摘 要:城市是一门功课。郭昕的《城市课》着力于表现城市化大背景之下个体如何脱离农村,又如何在城市立足与生活的全过程。其始终伴随着一种反思的精神,既反思个体在现代化过程中产生的焦虑,同样对城市现代性带给人的物化进行反思。

关键词:现代化;现代性;焦虑;《城市课》

郭昕的《城市课》拼接了农村与城市两大视野中的人生浮景。小说以陈东文为主人公,前部叙述陈东文从农村向城市奋斗的过程,后部则以城市为背景,以陈东文为中心,表现陈的亲人、同学、朋友在城市生活中的形形总总。

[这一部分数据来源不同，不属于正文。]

-- ===== src/Process.antt =====
-- Processes and the machine that they run on: the types of include/common.h, and what the threads
-- of src/os.c share. A process is known by a number. Every process has the same RAM and the same
-- active swap device, which the loader puts into each `struct pcb_t`.
use easter_egg.Common.{ℕ, List, length, update}
use easter_egg.Memphy.{Memphy}
use easter_egg.Vm.{Mm, Caller}
use easter_egg.Sched.{Sched}

-- `enum ins_opcode_t`
pub data Opcode : Type 0 where
  calc alloc free read write syscall : Opcode

-- `struct inst_t`
pub record Inst : Type 0 where
  pub opcode : Opcode
  pub arg_0 : ℕ
  pub arg_1 : ℕ
  pub arg_2 : ℕ
  pub arg_3 : ℕ

-- `struct pcb_t`: `code` is the list of the instructions, `path` that of the characters before the
-- terminating zero.
pub record Pcb : Type 0 where
  pub pid : ℕ
  pub pc : ℕ
  pub code : List Inst
  pub prio : ℕ
  pub path : List ℕ
  pub mm : Mm

pub record Machine : Type 0 where
  pub pcb : ℕ → Pcb
  pub mram : Memphy
  pub active_mswp : Memphy
  pub sched : Sched

-- The view of a process that the routines of memory management have.
abbrev pub caller_of : Machine → ℕ → Caller
caller_of m p = record { mm = (m.pcb p).mm; mram = m.mram; active_mswp = m.active_mswp }

-- The machine after such a routine.
abbrev pub put_caller : Machine → ℕ → Caller → Machine
put_caller m p c = record m {
  pcb = update m.pcb p (record (m.pcb p) { mm = c.mm });
  mram = c.mram;
  active_mswp = c.active_mswp;
}

-- `proc->code->size`
abbrev pub code_size : Machine → ℕ → ℕ
code_size m p = length (m.pcb p).code

-- `proc->pc = …`
abbrev pub put_pc : Machine → ℕ → ℕ → Machine
put_pc m p pc = record m { pcb = update m.pcb p (record (m.pcb p) { pc = pc }) }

郭昕在前言中写道:“《城市课》是写一群人从奴隶到奴隶的故事。他们是我虚构的奴隶。写他们正是为了让我们不成为奴隶。”作者将写作看成是对生活表象的反思,反思农村生活中人的苦难与挣扎,反思城市生活中人的浮沉与迷惘。在这一反思之中,始终伴随着无法排解的焦虑感,首先是对于现代化渴望的焦虑,既而则是对于现代性反思的焦虑。

一、对于现代化渴望的焦虑

“现代化”一词产生于18世纪,含义丰富,理论维度广阔。随着现代化理论的传播,现代化影响到人们生活的各个方面。在不同的语境下,对于不同的对象,有不同的具体的含义。一般来说,现代化包括了学术知识上的科学化,政治上的民主化,经济上的工业化,社会生活上的城市化,思想领域的民主化,文化上的人性化等。在西方历史上,世界现代化可以分为两大阶段,其中,第一次现代化是从农业社会向工业社会、农业经济向工业经济、农业文明向工业文明的转变;第二次现代化是从工业社会向知识社会、工业经济向知识经济、工业文明向知识文明、物质文明向生态文明的转变,这两大阶段则分别对应着思想领域中的启蒙主义、现代主义以及后现代主义。启蒙主义确立了资产阶级政治地位的合法权以及本质主义、理性主义以及主体性原则的精神维度,现代主义则反思启蒙时代的理性主义、本质主义以及对于确定性的追寻,后现代主义则彻底反对二元对立的思维方式,颠覆“逻各斯中心主义”,彻底消解理性,消解人类主体或人类中心,追求意义的延异流动,可以概括为确立现代性——反思现代性——重写现代性的合逻辑的历史过程。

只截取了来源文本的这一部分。